## [Task instructions]
In the records below, find the line that contains "handle_packets) at e))" and the line that contains "ps, some_packets) ↦". Set down exactly those lines and every line between them, and nothing more.

+---+

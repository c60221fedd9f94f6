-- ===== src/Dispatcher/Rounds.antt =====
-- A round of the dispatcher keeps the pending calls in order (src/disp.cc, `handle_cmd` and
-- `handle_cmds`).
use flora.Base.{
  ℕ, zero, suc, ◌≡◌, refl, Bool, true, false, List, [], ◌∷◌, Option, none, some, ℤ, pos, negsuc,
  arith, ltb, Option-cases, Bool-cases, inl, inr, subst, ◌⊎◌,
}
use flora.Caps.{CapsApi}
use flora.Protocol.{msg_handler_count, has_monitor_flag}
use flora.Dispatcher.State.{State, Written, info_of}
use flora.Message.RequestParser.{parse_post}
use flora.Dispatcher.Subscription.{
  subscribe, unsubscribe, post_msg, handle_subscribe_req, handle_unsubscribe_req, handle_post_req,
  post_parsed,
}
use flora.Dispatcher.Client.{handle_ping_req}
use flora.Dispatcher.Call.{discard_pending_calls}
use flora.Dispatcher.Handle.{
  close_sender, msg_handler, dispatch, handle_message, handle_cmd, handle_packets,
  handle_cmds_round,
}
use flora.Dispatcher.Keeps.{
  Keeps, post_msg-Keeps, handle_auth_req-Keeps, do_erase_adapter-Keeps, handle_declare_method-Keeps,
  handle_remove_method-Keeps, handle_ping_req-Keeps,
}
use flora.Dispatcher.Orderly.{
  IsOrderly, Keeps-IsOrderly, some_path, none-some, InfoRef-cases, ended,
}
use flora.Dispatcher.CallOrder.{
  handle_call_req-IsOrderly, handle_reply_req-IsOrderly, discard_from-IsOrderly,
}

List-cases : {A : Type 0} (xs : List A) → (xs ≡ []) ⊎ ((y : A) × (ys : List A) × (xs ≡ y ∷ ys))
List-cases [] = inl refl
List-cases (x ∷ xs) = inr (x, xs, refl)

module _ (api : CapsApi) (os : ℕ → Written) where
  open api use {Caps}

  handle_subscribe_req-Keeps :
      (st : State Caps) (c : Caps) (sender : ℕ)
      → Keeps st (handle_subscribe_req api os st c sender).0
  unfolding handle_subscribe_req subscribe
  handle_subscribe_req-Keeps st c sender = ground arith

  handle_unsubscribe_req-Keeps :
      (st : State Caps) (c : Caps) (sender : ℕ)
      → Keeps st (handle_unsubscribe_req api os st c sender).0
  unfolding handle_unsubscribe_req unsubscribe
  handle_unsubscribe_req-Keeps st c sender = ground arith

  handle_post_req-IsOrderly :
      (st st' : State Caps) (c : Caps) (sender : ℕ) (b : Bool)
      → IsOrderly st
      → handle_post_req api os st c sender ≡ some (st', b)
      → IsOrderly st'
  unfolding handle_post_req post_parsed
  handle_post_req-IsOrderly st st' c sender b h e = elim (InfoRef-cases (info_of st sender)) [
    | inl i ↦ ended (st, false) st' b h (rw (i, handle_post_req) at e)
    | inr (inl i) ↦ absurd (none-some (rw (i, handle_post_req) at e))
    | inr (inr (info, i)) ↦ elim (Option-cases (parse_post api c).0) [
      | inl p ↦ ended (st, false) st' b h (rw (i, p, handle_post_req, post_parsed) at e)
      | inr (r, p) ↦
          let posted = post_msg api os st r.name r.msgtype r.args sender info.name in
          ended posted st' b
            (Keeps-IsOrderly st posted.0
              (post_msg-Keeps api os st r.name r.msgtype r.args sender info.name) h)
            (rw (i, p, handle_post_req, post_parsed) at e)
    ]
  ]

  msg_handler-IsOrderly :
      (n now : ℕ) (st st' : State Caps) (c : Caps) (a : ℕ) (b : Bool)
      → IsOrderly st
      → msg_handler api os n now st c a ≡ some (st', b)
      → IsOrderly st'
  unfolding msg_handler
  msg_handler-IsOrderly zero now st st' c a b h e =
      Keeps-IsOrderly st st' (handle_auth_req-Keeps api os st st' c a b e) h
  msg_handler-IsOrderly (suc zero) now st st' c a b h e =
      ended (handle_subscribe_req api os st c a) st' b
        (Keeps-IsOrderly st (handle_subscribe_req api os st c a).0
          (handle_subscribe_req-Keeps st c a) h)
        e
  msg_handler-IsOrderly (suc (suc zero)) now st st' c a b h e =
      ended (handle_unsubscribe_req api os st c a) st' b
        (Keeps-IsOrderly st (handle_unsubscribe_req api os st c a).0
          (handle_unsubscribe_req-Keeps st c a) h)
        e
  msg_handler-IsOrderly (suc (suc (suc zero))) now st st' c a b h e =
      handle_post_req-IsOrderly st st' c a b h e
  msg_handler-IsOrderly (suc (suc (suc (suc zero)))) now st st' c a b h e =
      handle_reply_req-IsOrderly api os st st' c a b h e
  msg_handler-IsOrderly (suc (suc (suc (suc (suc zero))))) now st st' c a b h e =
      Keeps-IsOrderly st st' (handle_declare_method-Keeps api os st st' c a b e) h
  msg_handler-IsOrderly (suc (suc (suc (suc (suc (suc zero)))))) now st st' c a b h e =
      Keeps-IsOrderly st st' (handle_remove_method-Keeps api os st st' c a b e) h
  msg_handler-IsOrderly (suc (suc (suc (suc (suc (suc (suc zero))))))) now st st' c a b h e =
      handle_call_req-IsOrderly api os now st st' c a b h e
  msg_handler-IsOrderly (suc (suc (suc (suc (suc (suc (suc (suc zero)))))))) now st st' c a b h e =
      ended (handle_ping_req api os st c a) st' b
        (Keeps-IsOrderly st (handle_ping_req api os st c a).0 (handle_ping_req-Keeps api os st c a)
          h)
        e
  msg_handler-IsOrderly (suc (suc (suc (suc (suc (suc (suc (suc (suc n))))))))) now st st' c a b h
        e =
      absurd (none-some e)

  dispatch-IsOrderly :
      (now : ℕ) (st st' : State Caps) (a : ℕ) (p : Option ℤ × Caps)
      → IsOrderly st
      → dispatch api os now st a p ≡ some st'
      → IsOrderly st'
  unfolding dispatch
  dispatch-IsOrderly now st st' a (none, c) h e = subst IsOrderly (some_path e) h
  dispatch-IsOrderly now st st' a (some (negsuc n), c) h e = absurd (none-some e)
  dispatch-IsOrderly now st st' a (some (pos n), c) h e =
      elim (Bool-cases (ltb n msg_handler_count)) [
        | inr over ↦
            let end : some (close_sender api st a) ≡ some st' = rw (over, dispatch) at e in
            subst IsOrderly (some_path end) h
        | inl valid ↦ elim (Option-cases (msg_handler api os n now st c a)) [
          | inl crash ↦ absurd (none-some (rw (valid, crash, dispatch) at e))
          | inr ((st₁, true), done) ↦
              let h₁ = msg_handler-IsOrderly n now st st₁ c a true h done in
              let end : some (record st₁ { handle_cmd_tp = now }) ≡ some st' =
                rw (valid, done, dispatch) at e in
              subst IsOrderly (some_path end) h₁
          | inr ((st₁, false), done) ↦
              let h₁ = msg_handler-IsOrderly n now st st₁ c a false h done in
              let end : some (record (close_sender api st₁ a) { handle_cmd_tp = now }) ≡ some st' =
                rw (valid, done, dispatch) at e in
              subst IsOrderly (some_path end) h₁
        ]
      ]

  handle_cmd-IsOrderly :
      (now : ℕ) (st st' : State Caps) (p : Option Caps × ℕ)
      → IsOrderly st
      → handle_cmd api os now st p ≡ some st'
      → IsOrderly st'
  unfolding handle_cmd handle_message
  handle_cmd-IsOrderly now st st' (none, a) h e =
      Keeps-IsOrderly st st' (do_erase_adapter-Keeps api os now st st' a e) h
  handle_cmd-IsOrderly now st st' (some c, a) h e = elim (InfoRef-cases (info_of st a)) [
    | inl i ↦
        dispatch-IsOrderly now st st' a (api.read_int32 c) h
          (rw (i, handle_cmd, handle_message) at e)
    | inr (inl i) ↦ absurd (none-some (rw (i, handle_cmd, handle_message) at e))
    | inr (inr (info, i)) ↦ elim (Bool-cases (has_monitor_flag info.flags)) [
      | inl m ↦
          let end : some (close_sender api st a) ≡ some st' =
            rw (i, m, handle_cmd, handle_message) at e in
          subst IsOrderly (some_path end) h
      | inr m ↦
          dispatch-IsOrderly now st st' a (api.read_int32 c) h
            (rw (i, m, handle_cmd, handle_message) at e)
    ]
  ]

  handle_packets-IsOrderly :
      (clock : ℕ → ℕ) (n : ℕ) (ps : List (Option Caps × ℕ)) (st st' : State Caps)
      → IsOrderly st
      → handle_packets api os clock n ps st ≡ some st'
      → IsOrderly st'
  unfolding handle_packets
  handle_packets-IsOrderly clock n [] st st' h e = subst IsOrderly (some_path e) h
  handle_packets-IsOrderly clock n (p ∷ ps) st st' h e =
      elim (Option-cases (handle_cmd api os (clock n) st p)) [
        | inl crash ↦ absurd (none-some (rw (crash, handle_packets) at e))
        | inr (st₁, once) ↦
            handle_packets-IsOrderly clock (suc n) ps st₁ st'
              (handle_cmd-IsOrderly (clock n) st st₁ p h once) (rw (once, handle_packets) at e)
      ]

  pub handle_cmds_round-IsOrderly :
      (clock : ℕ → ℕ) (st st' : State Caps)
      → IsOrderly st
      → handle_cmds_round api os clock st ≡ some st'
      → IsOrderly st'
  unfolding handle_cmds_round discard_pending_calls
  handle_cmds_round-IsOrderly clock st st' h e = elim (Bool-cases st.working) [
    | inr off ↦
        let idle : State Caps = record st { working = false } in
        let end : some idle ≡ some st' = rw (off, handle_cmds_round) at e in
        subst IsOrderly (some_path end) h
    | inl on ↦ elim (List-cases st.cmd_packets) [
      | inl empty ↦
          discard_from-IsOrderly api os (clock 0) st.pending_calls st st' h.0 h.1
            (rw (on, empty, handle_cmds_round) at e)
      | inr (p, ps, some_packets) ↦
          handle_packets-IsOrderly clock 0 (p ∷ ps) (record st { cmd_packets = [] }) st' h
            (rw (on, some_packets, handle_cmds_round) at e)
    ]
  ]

+---+

## [Exercise result]
        | inl crash ↦ absurd (none-some (rw (crash, handle_packets) at e))
        | inr (st₁, once) ↦
            handle_packets-IsOrderly clock (suc n) ps st₁ st'
              (handle_cmd-IsOrderly (clock n) st st₁ p h once) (rw (once, handle_packets) at e)
      ]

  pub handle_cmds_round-IsOrderly :
      (clock : ℕ → ℕ) (st st' : State Caps)
      → IsOrderly st
      → handle_cmds_round api os clock st ≡ some st'
      → IsOrderly st'
  unfolding handle_cmds_round discard_pending_calls
  handle_cmds_round-IsOrderly clock st st' h e = elim (Bool-cases st.working) [
    | inr off ↦
        let idle : State Caps = record st { working = false } in
        let end : some idle ≡ some st' = rw (off, handle_cmds_round) at e in
        subst IsOrderly (some_path end) h
    | inl on ↦ elim (List-cases st.cmd_packets) [
      | inl empty ↦
          discard_from-IsOrderly api os (clock 0) st.pending_calls st st' h.0 h.1
            (rw (on, empty, handle_cmds_round) at e)
      | inr (p, ps, some_packets) ↦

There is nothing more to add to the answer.